● **Work order**:
After locating the line that contains "assert_within_limit-passed start times" in the records below, write out exactly that line and each line after it through the one that contains "-- ===== src/Auth/Service.antt", and nothing else.

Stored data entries

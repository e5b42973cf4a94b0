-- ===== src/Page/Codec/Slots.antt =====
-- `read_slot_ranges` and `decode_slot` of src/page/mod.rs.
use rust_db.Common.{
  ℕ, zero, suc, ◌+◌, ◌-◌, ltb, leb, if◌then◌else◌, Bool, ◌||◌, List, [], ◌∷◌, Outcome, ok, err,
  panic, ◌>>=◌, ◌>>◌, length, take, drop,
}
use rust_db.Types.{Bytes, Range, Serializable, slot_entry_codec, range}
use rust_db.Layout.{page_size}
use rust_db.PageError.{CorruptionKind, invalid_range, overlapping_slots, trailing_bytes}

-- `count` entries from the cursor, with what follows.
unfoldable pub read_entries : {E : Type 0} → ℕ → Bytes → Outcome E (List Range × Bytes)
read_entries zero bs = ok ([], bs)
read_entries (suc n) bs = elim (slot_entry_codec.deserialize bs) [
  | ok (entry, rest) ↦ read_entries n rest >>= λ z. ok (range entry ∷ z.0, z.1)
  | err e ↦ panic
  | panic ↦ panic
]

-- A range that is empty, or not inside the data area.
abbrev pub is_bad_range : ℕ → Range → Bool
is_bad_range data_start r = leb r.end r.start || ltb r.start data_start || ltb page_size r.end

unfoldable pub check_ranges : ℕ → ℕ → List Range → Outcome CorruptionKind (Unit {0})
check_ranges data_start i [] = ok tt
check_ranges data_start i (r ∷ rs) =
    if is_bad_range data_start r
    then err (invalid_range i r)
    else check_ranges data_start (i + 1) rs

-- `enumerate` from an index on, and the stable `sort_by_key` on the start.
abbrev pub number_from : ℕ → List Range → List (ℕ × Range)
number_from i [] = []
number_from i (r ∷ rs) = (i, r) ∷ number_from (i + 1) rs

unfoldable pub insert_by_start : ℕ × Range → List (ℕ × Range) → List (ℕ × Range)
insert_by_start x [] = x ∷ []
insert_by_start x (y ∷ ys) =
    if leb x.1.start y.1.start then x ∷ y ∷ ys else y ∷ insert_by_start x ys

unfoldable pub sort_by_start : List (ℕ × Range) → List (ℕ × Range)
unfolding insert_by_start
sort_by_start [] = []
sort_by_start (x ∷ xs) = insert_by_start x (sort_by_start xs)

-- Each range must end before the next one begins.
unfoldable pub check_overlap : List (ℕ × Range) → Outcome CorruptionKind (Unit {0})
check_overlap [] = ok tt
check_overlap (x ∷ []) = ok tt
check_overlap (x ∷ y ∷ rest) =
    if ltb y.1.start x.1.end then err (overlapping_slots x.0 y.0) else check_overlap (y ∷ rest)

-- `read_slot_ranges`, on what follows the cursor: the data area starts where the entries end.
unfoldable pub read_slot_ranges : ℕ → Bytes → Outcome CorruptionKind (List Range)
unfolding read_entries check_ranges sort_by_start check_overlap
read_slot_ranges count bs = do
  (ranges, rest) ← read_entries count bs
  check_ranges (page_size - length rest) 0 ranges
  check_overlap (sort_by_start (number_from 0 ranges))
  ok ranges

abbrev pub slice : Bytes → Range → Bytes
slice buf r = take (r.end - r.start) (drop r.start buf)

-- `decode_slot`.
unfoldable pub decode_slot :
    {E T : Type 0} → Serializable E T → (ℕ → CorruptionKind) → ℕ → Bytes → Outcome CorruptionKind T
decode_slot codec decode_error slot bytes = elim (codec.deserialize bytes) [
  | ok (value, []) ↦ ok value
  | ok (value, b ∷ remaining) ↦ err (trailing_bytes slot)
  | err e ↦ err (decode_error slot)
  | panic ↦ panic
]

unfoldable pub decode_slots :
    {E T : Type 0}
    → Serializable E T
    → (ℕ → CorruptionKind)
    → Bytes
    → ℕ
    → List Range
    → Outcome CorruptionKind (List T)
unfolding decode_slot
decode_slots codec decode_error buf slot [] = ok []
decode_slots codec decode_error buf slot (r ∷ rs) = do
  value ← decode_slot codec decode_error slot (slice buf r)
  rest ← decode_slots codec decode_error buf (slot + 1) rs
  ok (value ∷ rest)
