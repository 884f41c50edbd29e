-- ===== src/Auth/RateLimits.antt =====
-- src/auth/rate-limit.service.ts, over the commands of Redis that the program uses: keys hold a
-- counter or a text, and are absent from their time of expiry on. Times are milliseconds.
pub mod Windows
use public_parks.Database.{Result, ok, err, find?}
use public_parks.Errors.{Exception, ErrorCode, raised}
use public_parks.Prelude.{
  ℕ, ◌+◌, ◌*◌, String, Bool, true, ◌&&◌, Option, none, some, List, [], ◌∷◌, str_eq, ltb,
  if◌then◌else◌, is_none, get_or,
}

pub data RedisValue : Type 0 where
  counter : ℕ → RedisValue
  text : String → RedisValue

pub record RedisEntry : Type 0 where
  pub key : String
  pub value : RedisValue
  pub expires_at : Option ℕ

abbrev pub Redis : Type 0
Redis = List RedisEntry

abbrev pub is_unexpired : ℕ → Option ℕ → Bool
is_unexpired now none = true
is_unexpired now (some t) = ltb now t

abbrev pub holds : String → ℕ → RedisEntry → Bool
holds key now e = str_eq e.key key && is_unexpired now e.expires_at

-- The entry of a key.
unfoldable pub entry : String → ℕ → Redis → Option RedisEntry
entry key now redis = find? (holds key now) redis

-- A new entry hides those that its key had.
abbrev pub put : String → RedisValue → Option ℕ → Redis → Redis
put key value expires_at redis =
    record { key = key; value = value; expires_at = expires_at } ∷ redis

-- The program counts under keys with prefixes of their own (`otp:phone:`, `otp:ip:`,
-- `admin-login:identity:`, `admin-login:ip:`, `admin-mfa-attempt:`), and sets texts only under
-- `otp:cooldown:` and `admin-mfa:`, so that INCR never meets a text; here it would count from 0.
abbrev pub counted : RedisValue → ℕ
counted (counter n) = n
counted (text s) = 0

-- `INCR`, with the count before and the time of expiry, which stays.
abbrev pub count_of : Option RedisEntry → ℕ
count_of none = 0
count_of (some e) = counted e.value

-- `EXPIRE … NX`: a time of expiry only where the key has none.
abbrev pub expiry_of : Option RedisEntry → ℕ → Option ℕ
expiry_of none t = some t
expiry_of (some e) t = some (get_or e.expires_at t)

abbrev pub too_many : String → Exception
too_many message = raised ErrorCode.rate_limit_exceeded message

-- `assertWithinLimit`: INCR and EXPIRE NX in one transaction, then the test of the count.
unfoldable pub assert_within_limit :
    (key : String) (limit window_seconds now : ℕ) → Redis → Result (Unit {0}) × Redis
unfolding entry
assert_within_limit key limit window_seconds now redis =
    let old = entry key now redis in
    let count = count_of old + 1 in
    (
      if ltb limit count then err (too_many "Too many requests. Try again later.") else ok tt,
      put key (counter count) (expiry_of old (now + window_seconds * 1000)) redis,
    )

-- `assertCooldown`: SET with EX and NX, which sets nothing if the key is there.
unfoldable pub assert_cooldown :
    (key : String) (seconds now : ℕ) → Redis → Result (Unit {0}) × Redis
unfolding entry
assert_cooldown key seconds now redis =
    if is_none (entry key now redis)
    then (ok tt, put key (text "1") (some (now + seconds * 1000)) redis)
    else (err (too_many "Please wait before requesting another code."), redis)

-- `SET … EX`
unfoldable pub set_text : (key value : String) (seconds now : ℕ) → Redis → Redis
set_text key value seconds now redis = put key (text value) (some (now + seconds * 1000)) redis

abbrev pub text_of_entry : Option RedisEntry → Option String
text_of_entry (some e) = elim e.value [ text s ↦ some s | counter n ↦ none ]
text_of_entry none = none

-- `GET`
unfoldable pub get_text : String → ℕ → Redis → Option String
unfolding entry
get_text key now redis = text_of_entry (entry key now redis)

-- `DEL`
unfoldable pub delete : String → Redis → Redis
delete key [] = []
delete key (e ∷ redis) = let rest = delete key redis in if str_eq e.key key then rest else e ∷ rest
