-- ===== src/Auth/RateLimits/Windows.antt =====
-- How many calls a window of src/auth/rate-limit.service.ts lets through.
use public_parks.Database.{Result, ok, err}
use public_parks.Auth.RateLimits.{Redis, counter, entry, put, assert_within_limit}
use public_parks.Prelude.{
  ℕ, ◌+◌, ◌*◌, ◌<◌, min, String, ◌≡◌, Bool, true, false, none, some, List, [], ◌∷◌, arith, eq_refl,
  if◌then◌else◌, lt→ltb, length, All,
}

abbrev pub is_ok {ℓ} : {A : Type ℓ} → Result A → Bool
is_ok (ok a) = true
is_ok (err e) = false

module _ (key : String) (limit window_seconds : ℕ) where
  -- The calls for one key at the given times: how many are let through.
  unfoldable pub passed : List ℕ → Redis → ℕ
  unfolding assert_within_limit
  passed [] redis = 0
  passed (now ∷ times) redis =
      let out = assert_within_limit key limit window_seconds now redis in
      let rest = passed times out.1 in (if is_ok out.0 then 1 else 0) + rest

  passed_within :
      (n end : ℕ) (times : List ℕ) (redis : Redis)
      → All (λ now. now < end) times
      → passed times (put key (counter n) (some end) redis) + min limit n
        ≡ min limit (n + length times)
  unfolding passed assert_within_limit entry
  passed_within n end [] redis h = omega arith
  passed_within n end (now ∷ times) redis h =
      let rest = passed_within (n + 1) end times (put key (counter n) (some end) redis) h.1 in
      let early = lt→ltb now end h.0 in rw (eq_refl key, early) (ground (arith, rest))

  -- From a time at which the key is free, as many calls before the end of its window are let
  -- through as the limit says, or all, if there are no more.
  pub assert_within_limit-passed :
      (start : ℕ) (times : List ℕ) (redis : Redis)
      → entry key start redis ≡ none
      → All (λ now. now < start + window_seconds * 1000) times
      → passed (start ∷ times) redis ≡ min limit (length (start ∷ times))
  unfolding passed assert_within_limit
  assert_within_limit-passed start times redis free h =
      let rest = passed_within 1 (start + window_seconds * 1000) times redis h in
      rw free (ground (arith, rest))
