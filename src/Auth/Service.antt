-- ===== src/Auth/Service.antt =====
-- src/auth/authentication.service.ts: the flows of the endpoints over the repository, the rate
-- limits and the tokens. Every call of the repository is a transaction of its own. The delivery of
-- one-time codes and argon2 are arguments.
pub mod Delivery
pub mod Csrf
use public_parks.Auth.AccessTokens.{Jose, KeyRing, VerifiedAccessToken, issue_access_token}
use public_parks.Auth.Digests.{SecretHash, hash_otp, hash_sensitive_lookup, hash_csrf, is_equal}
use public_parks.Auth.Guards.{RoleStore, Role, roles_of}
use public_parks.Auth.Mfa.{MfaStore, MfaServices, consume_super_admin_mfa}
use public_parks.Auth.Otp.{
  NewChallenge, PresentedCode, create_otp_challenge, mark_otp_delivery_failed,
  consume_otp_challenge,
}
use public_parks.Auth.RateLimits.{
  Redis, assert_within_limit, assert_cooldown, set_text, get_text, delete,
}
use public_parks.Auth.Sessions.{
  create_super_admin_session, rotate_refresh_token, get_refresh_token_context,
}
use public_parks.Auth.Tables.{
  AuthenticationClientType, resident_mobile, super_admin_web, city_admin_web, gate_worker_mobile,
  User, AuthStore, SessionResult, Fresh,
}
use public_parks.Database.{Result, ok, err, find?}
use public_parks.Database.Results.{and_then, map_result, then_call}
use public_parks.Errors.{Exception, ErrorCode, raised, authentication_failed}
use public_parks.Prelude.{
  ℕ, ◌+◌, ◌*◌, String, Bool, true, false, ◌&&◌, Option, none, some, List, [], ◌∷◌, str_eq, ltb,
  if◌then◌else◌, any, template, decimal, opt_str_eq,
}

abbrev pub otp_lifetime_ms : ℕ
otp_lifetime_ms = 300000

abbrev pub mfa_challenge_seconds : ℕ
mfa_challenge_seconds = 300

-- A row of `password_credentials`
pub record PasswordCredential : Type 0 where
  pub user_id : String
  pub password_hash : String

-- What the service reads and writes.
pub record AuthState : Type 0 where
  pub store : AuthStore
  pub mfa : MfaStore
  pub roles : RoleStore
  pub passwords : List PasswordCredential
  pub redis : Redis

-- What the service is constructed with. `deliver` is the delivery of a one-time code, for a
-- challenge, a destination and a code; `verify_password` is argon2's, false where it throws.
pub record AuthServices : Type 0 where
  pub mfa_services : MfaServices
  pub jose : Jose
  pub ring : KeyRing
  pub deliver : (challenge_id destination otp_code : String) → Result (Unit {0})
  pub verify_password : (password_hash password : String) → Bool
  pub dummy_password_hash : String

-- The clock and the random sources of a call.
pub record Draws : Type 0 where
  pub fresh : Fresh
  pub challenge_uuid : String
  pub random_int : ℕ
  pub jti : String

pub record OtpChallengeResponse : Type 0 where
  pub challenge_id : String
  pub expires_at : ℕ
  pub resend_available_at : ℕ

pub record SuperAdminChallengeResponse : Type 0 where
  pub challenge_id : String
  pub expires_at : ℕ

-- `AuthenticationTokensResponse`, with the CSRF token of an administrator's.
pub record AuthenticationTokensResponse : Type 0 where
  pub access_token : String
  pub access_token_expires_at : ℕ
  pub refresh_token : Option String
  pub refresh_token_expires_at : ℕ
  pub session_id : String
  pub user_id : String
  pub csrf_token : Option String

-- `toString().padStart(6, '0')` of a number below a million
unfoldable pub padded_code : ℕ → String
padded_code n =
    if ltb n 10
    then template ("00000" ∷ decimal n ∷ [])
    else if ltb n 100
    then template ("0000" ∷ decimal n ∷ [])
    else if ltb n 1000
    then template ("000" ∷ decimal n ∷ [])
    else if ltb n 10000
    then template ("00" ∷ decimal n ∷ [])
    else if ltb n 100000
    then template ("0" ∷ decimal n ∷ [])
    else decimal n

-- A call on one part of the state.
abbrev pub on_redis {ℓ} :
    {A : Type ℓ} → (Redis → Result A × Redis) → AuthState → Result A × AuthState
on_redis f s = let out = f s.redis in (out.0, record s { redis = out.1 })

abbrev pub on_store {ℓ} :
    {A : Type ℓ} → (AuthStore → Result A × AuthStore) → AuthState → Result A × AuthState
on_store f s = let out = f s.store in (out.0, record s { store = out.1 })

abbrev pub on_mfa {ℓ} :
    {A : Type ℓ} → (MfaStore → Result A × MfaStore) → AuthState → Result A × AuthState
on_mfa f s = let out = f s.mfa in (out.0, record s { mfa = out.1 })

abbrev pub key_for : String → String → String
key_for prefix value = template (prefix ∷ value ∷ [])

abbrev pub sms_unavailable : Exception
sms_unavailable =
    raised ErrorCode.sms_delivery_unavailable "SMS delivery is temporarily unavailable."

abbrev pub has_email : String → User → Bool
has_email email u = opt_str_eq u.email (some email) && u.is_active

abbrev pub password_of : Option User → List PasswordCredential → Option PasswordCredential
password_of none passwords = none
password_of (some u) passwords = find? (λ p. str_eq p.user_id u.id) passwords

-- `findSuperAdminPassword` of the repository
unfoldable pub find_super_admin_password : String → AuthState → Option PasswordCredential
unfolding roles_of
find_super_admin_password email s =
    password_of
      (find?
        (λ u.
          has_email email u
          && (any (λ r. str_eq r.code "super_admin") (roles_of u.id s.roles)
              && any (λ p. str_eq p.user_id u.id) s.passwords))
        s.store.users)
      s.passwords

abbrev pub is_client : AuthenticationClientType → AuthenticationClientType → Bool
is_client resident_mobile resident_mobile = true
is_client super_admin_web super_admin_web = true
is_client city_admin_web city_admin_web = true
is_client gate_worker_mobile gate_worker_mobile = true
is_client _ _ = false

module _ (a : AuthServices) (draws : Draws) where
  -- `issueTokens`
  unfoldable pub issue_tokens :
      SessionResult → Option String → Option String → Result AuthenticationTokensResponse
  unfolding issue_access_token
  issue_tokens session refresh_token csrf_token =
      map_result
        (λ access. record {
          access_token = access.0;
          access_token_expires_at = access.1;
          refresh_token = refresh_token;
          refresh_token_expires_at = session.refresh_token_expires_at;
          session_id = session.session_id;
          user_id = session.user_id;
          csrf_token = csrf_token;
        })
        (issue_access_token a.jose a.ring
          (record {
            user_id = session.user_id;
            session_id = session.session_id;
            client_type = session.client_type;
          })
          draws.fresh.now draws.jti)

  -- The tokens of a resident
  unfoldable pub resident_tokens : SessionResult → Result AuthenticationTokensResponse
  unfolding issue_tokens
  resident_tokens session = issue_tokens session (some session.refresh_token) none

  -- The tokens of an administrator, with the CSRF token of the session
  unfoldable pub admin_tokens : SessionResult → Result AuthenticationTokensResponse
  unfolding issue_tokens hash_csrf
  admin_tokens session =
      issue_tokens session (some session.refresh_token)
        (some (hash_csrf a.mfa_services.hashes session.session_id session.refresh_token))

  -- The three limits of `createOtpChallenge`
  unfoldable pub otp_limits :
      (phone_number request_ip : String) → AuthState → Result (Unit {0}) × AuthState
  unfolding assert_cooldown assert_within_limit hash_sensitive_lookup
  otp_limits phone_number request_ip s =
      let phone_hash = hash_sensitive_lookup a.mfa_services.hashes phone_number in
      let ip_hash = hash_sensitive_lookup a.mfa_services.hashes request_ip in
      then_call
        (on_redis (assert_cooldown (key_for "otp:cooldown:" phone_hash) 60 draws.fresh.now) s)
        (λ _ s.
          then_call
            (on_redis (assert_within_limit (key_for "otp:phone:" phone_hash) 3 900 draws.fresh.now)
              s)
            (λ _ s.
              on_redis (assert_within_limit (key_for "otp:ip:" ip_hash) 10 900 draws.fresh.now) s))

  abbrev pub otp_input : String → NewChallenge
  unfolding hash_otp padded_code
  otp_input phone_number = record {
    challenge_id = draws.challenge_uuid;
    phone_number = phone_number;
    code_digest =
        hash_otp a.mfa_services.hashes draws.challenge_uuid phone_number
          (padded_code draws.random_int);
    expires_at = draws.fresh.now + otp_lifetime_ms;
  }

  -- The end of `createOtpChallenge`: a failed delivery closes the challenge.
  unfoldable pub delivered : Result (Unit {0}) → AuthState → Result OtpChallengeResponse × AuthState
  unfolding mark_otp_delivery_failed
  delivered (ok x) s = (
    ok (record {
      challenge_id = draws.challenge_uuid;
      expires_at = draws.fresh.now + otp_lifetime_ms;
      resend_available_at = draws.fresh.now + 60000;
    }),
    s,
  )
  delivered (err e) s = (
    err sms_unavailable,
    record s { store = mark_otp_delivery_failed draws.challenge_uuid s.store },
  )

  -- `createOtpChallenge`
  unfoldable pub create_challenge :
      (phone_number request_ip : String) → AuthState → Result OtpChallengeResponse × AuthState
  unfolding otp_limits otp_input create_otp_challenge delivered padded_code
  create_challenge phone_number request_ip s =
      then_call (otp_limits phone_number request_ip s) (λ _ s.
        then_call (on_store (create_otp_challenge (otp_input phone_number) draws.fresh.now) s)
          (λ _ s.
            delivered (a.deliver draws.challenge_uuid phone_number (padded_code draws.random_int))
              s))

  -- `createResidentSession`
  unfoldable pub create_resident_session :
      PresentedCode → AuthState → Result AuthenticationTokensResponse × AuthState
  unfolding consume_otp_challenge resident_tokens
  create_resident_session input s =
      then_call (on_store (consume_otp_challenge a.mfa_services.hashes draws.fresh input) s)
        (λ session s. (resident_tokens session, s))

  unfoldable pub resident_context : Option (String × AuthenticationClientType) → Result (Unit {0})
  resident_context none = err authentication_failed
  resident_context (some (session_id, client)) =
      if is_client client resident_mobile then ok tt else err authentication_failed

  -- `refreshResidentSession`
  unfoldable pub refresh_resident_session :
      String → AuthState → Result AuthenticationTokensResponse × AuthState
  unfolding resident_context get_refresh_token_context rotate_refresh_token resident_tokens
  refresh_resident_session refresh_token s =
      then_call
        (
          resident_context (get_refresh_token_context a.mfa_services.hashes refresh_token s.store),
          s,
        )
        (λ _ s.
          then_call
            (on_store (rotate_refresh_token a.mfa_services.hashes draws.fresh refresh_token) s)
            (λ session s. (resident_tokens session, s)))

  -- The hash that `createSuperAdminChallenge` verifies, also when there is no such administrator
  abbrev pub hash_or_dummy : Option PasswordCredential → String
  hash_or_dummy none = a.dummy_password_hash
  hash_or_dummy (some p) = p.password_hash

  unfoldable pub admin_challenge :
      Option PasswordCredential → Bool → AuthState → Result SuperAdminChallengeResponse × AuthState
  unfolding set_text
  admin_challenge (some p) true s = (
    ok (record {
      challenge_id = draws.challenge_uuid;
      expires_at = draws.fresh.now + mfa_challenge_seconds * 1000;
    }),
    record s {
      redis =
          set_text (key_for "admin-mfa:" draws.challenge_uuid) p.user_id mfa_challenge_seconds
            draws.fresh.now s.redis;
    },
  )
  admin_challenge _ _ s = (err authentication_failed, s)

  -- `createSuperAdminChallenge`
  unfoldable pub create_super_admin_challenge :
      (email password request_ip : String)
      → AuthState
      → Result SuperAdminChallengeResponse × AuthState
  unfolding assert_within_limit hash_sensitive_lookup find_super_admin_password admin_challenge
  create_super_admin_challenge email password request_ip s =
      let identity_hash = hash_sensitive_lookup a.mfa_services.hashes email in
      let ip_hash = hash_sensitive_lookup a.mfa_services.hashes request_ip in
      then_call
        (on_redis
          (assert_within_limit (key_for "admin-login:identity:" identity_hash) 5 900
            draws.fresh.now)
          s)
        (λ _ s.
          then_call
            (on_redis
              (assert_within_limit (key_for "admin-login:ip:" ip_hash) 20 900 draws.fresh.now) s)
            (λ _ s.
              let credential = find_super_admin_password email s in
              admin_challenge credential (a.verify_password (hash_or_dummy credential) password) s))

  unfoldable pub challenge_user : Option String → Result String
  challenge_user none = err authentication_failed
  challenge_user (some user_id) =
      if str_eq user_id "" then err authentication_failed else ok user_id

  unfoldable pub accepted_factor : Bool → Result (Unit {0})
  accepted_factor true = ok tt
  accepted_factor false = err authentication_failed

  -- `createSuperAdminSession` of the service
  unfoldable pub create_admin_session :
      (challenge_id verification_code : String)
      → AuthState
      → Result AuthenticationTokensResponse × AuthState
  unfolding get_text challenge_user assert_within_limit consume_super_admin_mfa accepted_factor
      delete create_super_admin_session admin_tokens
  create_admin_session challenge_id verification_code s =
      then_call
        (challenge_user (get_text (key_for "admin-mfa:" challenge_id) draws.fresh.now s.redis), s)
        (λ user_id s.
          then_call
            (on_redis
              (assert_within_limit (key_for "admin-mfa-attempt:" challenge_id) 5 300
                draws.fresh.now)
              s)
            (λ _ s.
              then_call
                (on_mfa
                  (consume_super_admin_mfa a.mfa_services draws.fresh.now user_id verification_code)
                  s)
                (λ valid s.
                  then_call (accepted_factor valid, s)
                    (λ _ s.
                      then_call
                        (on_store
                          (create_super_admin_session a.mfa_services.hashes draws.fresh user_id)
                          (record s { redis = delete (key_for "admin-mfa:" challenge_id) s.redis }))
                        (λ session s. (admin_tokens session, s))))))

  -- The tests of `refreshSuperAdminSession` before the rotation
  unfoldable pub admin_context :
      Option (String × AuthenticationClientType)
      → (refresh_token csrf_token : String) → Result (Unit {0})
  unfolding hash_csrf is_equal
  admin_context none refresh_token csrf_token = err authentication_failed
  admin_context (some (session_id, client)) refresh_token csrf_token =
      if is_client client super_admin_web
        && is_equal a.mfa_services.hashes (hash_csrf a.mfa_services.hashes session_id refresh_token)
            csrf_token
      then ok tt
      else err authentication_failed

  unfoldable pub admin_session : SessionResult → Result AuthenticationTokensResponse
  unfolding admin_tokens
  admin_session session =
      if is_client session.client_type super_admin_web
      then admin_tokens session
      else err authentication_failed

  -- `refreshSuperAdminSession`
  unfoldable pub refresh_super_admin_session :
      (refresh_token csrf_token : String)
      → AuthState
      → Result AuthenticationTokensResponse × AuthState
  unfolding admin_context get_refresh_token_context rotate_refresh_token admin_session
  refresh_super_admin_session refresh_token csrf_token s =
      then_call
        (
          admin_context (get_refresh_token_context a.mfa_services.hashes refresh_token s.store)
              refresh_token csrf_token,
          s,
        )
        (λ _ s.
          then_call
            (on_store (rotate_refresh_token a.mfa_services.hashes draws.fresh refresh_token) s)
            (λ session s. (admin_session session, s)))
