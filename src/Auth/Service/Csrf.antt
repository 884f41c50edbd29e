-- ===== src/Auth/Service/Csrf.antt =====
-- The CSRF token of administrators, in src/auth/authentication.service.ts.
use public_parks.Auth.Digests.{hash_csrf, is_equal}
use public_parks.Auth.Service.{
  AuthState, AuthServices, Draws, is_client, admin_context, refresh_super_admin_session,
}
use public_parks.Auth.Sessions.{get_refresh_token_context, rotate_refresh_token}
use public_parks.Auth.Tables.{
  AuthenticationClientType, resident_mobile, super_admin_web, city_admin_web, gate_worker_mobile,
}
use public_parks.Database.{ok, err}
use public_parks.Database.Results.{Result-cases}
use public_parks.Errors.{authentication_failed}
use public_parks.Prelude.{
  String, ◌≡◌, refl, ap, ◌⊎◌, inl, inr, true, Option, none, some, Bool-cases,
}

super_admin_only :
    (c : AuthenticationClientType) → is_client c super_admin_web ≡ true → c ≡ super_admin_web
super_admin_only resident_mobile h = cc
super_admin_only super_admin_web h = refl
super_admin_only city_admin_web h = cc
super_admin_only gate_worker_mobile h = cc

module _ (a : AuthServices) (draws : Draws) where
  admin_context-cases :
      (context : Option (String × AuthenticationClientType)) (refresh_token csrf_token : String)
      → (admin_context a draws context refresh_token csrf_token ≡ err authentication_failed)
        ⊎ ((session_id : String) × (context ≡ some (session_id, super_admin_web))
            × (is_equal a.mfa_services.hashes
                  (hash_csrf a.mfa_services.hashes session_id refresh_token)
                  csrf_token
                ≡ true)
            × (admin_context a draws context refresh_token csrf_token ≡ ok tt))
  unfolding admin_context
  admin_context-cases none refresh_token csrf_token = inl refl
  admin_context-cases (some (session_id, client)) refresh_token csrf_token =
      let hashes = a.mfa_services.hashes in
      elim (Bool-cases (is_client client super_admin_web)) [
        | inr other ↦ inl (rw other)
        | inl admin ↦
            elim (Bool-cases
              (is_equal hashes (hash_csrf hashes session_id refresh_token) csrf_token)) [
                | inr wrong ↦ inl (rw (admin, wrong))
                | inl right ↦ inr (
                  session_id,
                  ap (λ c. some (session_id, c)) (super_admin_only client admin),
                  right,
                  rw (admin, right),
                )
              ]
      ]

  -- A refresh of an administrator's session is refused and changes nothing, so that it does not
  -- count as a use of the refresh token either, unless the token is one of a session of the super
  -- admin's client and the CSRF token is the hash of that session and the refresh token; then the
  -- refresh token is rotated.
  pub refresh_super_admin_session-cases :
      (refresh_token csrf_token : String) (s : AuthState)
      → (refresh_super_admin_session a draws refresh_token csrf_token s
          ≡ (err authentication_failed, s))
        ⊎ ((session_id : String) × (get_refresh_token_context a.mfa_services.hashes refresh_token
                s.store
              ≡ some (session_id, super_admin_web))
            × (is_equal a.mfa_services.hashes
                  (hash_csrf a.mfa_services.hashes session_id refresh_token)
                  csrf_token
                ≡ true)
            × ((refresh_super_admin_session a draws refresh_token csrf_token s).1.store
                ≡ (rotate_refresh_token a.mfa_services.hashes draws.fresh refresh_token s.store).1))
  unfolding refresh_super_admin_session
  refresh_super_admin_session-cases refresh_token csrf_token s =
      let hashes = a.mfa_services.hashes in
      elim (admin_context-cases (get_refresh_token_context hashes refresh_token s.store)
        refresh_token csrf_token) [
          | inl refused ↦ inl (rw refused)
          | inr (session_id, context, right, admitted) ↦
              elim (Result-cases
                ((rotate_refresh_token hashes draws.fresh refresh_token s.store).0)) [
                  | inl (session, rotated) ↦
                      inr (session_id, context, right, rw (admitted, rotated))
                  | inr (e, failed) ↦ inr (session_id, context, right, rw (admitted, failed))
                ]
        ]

● **Task output**:
  assert_within_limit-passed start times redis free h =
      let rest = passed_within 1 (start + window_seconds * 1000) times redis h in
      rw free (ground (arith, rest))
filename src/Auth/Service.antt
-- ===== src/Auth/Service.antt =====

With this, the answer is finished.